__Task statement__.
A single number is required: how many lines of the listing below include the word "none".
++++++
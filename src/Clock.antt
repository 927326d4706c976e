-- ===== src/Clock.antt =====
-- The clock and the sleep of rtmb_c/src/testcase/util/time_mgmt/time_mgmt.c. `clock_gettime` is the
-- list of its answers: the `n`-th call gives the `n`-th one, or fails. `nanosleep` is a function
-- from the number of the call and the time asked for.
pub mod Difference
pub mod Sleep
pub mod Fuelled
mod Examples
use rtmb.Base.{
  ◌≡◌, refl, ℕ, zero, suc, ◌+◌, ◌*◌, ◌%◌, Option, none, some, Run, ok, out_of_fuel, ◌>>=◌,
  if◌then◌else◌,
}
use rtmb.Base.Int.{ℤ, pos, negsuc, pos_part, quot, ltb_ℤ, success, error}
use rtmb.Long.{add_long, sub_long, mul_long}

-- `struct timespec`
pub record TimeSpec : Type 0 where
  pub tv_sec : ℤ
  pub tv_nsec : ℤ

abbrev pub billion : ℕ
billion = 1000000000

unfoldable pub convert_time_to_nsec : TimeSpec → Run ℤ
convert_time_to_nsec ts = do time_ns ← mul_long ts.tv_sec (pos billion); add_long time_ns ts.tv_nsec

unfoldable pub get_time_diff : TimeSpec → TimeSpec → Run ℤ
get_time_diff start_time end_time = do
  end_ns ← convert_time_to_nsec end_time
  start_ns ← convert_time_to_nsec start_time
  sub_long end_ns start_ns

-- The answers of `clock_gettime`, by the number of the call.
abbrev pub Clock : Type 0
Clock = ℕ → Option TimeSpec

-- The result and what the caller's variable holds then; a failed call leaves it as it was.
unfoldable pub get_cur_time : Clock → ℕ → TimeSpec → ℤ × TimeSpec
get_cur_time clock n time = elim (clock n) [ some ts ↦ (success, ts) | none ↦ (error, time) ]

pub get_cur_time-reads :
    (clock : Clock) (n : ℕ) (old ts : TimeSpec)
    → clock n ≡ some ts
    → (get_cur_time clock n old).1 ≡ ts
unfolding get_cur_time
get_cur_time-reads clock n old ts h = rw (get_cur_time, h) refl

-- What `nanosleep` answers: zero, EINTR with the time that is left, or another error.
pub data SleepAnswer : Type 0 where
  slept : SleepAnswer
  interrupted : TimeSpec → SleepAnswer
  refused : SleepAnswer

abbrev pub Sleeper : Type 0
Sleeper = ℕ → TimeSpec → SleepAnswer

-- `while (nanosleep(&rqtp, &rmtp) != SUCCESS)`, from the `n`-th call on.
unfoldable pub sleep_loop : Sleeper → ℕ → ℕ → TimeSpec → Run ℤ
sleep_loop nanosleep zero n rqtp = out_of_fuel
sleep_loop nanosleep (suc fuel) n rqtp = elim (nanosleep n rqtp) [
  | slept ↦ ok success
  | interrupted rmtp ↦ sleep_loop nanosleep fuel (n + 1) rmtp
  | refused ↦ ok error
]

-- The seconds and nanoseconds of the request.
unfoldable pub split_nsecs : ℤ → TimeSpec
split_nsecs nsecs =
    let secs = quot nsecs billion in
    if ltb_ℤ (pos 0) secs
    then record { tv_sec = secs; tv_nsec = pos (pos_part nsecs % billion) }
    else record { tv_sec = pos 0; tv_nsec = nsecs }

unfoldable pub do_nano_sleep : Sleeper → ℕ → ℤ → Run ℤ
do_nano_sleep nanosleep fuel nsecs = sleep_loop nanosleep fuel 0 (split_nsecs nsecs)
++++++
__Result for this task__.
2